Collected data
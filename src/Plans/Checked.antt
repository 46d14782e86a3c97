-- ===== src/Plans/Checked.antt =====
-- What the tests of the plans file guarantee of a catalog that was loaded.
use osb_opengauss_go.Prelude.{
  ◌≡◌, ◌≢◌, refl, subst, Bool, true, false, ◌||◌, not, [], ◌∷◌, Text, ℕ, ◌+◌, arith, codes, text_eq,
  text_eq_iff, All, length, ◌==◌, inl, inr, List, contains, In, ◌⊎◌, pos, ◌≤ℤ◌, map, ℤ, ltb_ℤ, ◌++◌,
  if◌then◌else◌,
}
use osb_opengauss_go.Result.{Result, ok, err, ok-injective, bind-eq-ok, annotate}
use osb_opengauss_go.Params.{Plan}
use osb_opengauss_go.Plans.{
  CatalogData, ServiceConfig, is_uuid, validate_service, check_plan, check_plans, validate_plans,
  Toml, load_catalog,
}

-- a plan that can be offered
pub record IsOffered (p : Plan) : Type 0 where
  pub uuid : is_uuid p.id ≡ true
  pub named : p.name ≢ []
  pub described : p.description ≢ []
  pub some_storage : pos 1 ≤ℤ p.storage_gb
  pub some_connections : pos 1 ≤ℤ p.max_connections

-- no text stands twice in the list
abbrev pub IsDistinct : List Text → Type 0
IsDistinct [] = Unit {0}
IsDistinct (s ∷ l) = (In s l → ⊥) × IsDistinct l

-- plans that can be offered together
pub record AreOffered (plans : List Plan) : Type 0 where
  pub each : All IsOffered plans
  pub ids : IsDistinct (map (λ p. p.id) plans)
  pub names : IsDistinct (map (λ p. p.name) plans)

if-eq-ok :
    {E A : Type 0} (b : Bool) (e : E) (k : Result E A) {a : A}
    → (if b then err e else k) ≡ ok a
    → (b ≡ false) × (k ≡ ok a)
if-eq-ok true e k h = cc
if-eq-ok false e k h = (refl, h)

In-contains : (l : List Text) (s : Text) → In s l → contains l s ≡ true
unfolding contains
In-contains [] s h = absurd h
In-contains (x ∷ xs) s (inl e) = ground (arith, text_eq_iff x s)
In-contains (x ∷ xs) s (inr h) = ground (arith, In-contains xs s h)

quotas_some : (a b : ℤ) → (ltb_ℤ a (pos 1) || ltb_ℤ b (pos 1)) ≡ false → (pos 1 ≤ℤ a) × (pos 1 ≤ℤ b)
quotas_some a b h = (ground arith, ground arith)

module _ (i : ℕ) (seen_ids seen_names : List Text) (p : Plan) (path : Text) where
  check_plan-IsOffered :
      check_plan i seen_ids seen_names p path ≡ ok tt
      → IsOffered p × (contains seen_ids p.id ≡ false) × (contains seen_names p.name ≡ false)
  unfolding check_plan
  check_plan-IsOffered h =
      let (missing, h1) =
        if-eq-ok (text_eq p.id [] || text_eq p.name [] || text_eq p.description []) _ _ h in
      let (uuid, h2) = if-eq-ok (not (is_uuid p.id)) _ _ h1 in
      let (new_id, h3) = if-eq-ok (contains seen_ids p.id) _ _ h2 in
      let (new_name, h4) = if-eq-ok (contains seen_names p.name) _ _ h3 in
      let (quotas, h5) =
        if-eq-ok (ltb_ℤ p.storage_gb (pos 1) || ltb_ℤ p.max_connections (pos 1)) _ _ h4 in
      (
        record {
          uuid = ground arith;
          named = λ e. ground (arith, text_eq_iff p.name []);
          described = λ e. ground (arith, text_eq_iff p.description []);
          some_storage = (quotas_some p.storage_gb p.max_connections quotas).0;
          some_connections = (quotas_some p.storage_gb p.max_connections quotas).1;
        },
        new_id,
        new_name,
      )

-- keys that are neither `s` nor seen before
unseen :
    (key : Plan → Text) (s : Text) (seen : List Text) (plans : List Plan)
    → All (λ p. contains (s ∷ seen) (key p) ≡ false) plans
    → (In s (map key plans) → ⊥) × All (λ p. contains seen (key p) ≡ false) plans
unfolding contains
unseen key s seen [] h = (λ m. m, tt)
unseen key s seen (p ∷ ps) (hp, hs) =
    let (out, rest) = unseen key s seen ps hs in (other out, (ground arith, rest))
  where
    other : (In s (map key ps) → ⊥) → (s ≡ key p) ⊎ In s (map key ps) → ⊥
    other out (inl e) = ground (arith, text_eq_iff s (key p))
    other out (inr m) = out m

check_plans-AreOffered :
    (i : ℕ) (seen_ids seen_names : List Text) (plans : List Plan) (path : Text)
    → check_plans i seen_ids seen_names plans path ≡ ok tt
    → AreOffered plans
      × All (λ p. contains seen_ids p.id ≡ false) plans
      × All (λ p. contains seen_names p.name ≡ false) plans
unfolding check_plans
check_plans-AreOffered i ids names [] path h = (record { each = tt; ids = tt; names = tt }, tt, tt)
check_plans-AreOffered i ids names (p ∷ plans) path h =
    let (u, h1, h2) = bind-eq-ok (check_plan i ids names p path) _ h in
    let (good, new_id, new_name) = check_plan-IsOffered i ids names p path h1 in
    let (rest, other_ids, other_names) =
      check_plans-AreOffered (i + 1) (p.id ∷ ids) (p.name ∷ names) plans path h2 in
    let (own_id, unseen_ids) = unseen (λ q. q.id) p.id ids plans other_ids in
    let (own_name, unseen_names) = unseen (λ q. q.name) p.name names plans other_names in
    (
      record { each = (good, rest.each); ids = (own_id, rest.ids); names = (own_name, rest.names) },
      (new_id, unseen_ids),
      (new_name, unseen_names),
    )

-- A catalog that `LoadCatalog` returns, whatever the file and the TOML reader are, has a service
-- with a UUID, and at least one plan; each plan has a UUID, a name, a description and quotas of at
-- least 1, and no two plans share an id or a name.
pub load_catalog-AreOffered :
    (toml : Toml) (path : Text) (c : CatalogData)
    → load_catalog toml path ≡ ok c
    → (is_uuid c.service.service_id ≡ true) × (c.plans ≢ []) × AreOffered c.plans
unfolding load_catalog validate_service validate_plans
load_catalog-AreOffered toml path c h =
    let (raw, e1, h1) =
      bind-eq-ok (annotate (codes "plans file not readable") (toml.read_file path)) _ h in
    let (d, e2, h2) =
      bind-eq-ok
        (annotate (codes "plans file " ++ path ++ codes " is not valid TOML") (toml.unmarshal raw))
        _ h1 in
    let (u, service, h3) = bind-eq-ok (validate_service d.service path) _ h2 in
    let (w, plans, h4) = bind-eq-ok (validate_plans d.plans path) _ h3 in
    let (some_plan, checked) = if-eq-ok (length d.plans == 0) _ _ plans in
    let (missing, s1) = if-eq-ok (text_eq d.service.service_id []) _ _ service in
    let (uuid, s2) = if-eq-ok (not (is_uuid d.service.service_id)) _ _ s1 in
    subst (λ k. (is_uuid k.service.service_id ≡ true) × (k.plans ≢ []) × AreOffered k.plans)
      (ok-injective h4)
      (
        not-false _ uuid,
        nonempty d.plans some_plan,
        (check_plans-AreOffered 0 [] [] d.plans path checked).0,
      )
  where
    not-false : (b : Bool) → not b ≡ false → b ≡ true
    not-false true e = refl
    not-false false e = cc

    nonempty : (ps : List Plan) → (length ps == 0) ≡ false → ps ≢ []
    nonempty [] e = cc
    nonempty (p ∷ ps) e = cc

-- a service that can be offered
pub record IsNamed (s : ServiceConfig) : Type 0 where
  pub uuid : is_uuid s.service_id ≡ true
  pub named : s.name ≢ []
  pub described : s.description ≢ []

validate_service-IsNamed :
    (s : ServiceConfig) (path : Text) → validate_service s path ≡ ok tt → IsNamed s
unfolding validate_service
validate_service-IsNamed s path h =
    let (missing, h1) = if-eq-ok (text_eq s.service_id []) _ _ h in
    let (uuid, h2) = if-eq-ok (not (is_uuid s.service_id)) _ _ h1 in
    let (named, h3) = if-eq-ok (text_eq s.name []) _ _ h2 in
    let (described, h4) = if-eq-ok (text_eq s.description []) _ _ h3 in
    record {
      uuid = ground arith;
      named = λ e. ground (arith, text_eq_iff s.name []);
      described = λ e. ground (arith, text_eq_iff s.description []);
    }

pub load_catalog-IsNamed :
    (toml : Toml) (path : Text) (c : CatalogData)
    → load_catalog toml path ≡ ok c
    → IsNamed c.service
unfolding load_catalog
load_catalog-IsNamed toml path c h =
    let (raw, e1, h1) =
      bind-eq-ok (annotate (codes "plans file not readable") (toml.read_file path)) _ h in
    let (d, e2, h2) =
      bind-eq-ok
        (annotate (codes "plans file " ++ path ++ codes " is not valid TOML") (toml.unmarshal raw))
        _ h1 in
    let (u, service, h3) = bind-eq-ok (validate_service d.service path) _ h2 in
    let (w, plans, h4) = bind-eq-ok (validate_plans d.plans path) _ h3 in
    subst (λ (k : CatalogData). IsNamed k.service) (ok-injective h4)
      (validate_service-IsNamed d.service path service)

**Directions**
Please copy the lines above from the line with "if-eq-ok false e k h = (refl, h)" up to and including the line with "In-contains (x ∷ xs) s (inr", exactly as written and with nothing else.

**Response to this exercise**
if-eq-ok false e k h = (refl, h)

In-contains : (l : List Text) (s : Text) → In s l → contains l s ≡ true
unfolding contains
In-contains [] s h = absurd h
In-contains (x ∷ xs) s (inl e) = ground (arith, text_eq_iff x s)
In-contains (x ∷ xs) s (inr h) = ground (arith, In-contains xs s h)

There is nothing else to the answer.